[Saved entries]
────

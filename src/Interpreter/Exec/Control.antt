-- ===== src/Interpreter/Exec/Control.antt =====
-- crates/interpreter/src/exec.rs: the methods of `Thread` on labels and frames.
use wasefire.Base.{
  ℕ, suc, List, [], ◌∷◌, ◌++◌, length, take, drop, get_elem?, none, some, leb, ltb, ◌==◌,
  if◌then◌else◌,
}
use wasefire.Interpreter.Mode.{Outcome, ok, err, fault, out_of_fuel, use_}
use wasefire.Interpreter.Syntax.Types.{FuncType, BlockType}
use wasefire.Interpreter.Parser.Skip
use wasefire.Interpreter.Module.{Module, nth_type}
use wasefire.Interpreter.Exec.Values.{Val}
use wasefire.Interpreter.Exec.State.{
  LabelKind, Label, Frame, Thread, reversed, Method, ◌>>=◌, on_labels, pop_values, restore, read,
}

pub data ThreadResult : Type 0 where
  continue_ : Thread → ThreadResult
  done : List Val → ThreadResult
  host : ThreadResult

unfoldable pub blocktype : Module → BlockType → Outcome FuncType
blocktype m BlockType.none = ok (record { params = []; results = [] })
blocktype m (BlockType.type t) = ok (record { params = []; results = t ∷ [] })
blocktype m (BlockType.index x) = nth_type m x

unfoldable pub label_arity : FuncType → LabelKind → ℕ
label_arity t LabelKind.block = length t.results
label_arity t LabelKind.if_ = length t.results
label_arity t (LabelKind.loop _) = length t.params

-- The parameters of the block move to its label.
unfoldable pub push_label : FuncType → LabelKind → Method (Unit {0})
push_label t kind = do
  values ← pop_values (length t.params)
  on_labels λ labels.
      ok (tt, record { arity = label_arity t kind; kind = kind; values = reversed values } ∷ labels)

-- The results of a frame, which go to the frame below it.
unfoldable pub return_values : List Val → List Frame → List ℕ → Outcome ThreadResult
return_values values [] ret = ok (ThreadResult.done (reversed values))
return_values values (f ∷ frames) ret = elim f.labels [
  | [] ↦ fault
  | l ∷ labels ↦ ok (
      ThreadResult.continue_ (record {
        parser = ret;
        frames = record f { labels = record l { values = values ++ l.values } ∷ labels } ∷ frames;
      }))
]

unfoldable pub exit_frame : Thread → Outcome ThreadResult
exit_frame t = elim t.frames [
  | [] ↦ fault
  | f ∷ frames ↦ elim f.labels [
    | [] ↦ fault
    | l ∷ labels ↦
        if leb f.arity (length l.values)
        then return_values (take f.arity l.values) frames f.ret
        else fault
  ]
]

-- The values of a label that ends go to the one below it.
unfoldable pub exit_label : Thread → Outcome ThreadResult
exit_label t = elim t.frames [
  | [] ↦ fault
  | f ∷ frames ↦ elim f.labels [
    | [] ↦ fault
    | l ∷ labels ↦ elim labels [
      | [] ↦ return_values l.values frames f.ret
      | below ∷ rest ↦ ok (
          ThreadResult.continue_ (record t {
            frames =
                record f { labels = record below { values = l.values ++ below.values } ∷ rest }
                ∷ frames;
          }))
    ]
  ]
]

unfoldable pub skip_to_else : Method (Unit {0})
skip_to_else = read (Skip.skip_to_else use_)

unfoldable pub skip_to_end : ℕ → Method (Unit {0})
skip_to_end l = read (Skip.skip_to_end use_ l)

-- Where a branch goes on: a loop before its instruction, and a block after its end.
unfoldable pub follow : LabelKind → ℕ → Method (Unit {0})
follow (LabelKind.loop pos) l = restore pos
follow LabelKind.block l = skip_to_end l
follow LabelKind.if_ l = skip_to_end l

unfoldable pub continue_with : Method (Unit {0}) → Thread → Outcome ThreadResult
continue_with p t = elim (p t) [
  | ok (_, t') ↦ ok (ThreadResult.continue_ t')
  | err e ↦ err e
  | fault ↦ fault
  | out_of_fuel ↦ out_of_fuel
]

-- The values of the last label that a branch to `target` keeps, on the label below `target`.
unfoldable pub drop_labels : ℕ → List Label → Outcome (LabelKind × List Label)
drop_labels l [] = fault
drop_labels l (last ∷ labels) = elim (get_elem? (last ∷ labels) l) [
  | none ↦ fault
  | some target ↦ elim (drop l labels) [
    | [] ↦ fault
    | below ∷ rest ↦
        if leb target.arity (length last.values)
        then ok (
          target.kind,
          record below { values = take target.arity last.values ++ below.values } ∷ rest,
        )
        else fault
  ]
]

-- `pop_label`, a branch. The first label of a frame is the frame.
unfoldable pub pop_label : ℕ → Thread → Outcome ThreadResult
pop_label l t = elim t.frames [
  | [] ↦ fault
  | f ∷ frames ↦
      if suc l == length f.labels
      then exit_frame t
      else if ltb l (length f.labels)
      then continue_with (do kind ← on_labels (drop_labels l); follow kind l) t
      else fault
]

────

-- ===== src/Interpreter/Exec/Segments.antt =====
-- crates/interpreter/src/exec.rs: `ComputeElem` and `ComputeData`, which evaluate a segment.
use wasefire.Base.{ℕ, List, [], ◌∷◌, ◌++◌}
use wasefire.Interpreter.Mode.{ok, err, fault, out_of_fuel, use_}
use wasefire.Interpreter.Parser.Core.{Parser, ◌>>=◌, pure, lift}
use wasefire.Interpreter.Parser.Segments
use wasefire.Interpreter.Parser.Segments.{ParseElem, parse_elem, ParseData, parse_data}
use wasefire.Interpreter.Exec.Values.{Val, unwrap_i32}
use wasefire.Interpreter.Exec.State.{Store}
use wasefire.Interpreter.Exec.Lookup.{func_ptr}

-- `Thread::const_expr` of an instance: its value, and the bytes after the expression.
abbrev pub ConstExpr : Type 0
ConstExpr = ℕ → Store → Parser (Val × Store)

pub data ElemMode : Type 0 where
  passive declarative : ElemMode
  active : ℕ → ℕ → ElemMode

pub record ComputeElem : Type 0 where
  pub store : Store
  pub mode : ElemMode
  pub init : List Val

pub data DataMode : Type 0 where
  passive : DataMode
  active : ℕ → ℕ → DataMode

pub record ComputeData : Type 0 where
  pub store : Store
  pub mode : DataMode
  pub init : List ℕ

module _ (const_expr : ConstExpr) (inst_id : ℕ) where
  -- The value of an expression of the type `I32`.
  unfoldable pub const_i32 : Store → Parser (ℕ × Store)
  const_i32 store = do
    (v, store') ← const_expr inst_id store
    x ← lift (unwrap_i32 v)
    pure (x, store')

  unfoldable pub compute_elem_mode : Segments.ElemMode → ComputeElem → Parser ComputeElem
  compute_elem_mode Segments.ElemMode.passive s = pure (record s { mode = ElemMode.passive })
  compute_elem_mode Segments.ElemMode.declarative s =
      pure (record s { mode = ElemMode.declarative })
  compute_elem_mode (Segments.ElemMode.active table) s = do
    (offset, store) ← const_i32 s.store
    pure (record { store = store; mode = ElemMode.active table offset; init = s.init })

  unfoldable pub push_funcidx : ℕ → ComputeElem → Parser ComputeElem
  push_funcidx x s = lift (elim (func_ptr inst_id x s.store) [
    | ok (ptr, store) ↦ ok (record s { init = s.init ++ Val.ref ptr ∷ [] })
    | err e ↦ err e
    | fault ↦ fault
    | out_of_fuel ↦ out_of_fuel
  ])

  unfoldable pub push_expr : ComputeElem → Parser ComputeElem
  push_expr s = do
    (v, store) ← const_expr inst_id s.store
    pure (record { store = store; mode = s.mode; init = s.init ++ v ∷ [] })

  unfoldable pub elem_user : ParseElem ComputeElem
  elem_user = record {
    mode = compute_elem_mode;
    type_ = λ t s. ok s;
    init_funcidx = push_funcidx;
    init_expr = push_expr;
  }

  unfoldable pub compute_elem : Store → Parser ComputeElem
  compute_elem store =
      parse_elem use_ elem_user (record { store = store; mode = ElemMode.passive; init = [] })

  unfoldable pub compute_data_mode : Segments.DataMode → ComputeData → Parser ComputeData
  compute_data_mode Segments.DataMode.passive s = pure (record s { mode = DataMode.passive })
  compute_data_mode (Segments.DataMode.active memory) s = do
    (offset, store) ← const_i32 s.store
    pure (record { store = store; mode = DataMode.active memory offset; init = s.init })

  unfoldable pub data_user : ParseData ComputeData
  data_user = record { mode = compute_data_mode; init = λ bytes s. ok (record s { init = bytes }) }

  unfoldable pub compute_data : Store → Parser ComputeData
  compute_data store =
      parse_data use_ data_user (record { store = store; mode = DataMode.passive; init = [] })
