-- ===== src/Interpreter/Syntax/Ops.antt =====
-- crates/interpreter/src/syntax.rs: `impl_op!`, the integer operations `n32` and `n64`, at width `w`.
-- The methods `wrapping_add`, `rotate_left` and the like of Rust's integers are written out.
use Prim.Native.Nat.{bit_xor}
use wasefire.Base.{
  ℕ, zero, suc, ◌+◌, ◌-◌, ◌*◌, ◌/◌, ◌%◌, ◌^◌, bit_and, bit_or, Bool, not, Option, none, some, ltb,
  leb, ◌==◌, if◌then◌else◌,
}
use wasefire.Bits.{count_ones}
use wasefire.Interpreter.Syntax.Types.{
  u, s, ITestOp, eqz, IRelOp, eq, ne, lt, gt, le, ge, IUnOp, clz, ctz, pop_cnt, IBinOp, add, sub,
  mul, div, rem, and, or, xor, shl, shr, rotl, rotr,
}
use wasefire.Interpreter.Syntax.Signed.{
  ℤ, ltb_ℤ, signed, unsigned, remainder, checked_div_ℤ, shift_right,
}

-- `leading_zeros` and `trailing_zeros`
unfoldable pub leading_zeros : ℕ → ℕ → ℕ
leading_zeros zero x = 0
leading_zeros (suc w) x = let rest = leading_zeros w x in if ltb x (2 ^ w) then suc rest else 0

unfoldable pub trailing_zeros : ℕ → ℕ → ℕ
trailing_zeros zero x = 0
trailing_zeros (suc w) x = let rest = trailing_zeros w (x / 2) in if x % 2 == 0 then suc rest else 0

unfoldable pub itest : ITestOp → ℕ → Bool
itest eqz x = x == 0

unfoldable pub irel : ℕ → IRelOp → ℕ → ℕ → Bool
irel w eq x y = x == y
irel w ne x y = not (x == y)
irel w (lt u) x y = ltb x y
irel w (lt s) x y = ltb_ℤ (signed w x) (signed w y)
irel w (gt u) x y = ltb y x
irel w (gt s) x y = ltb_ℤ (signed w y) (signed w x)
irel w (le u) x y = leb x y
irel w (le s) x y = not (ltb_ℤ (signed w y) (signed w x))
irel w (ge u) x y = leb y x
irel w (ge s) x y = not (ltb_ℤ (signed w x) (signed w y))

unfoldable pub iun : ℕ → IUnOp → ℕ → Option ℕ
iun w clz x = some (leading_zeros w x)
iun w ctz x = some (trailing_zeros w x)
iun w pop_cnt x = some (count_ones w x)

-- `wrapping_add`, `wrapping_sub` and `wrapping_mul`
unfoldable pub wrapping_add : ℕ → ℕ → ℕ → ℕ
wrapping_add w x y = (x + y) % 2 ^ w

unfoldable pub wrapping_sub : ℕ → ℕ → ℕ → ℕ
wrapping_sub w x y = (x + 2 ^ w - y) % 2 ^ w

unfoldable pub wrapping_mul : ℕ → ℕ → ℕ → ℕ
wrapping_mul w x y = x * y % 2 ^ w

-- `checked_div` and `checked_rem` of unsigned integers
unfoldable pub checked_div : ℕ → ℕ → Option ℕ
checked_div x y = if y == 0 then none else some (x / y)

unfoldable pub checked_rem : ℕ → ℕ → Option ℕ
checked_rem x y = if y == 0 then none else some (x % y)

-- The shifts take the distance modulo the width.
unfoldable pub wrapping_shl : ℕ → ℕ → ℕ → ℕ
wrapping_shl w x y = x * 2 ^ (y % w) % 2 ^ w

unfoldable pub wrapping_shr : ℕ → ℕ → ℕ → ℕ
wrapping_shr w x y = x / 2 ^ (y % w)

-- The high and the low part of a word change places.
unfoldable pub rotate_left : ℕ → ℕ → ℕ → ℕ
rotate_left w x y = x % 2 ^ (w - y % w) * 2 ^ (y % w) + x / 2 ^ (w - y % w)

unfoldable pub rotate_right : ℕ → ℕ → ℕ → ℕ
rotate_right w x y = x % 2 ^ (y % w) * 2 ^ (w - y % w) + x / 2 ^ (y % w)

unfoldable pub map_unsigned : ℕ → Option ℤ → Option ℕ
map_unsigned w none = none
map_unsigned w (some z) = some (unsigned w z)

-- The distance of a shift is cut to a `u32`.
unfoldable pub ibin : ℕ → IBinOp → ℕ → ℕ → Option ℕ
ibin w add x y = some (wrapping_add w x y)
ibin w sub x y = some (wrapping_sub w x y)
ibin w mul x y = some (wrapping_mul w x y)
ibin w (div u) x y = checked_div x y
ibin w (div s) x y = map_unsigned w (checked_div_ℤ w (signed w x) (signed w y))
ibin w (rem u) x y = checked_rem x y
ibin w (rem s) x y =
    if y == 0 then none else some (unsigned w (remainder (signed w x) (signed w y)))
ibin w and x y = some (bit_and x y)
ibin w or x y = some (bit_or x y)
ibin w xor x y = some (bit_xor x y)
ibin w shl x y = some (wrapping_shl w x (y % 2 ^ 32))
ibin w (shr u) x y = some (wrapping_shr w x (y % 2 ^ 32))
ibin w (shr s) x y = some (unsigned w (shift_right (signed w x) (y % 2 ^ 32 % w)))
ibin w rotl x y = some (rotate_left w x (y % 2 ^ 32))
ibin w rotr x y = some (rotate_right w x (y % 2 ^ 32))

────

— EXERCISE DESCRIPTION —
Gather each line in the data that holds the string "elim".

— RESULT —
return_values values (f ∷ frames) ret = elim f.labels [
exit_frame t = elim t.frames [
  | f ∷ frames ↦ elim f.labels [
exit_label t = elim t.frames [
  | f ∷ frames ↦ elim f.labels [
    | l ∷ labels ↦ elim labels [
continue_with p t = elim (p t) [
drop_labels l (last ∷ labels) = elim (get_elem? (last ∷ labels) l) [
  | some target ↦ elim (drop l labels) [
pop_label l t = elim t.frames [
  push_funcidx x s = lift (elim (func_ptr inst_id x s.store) [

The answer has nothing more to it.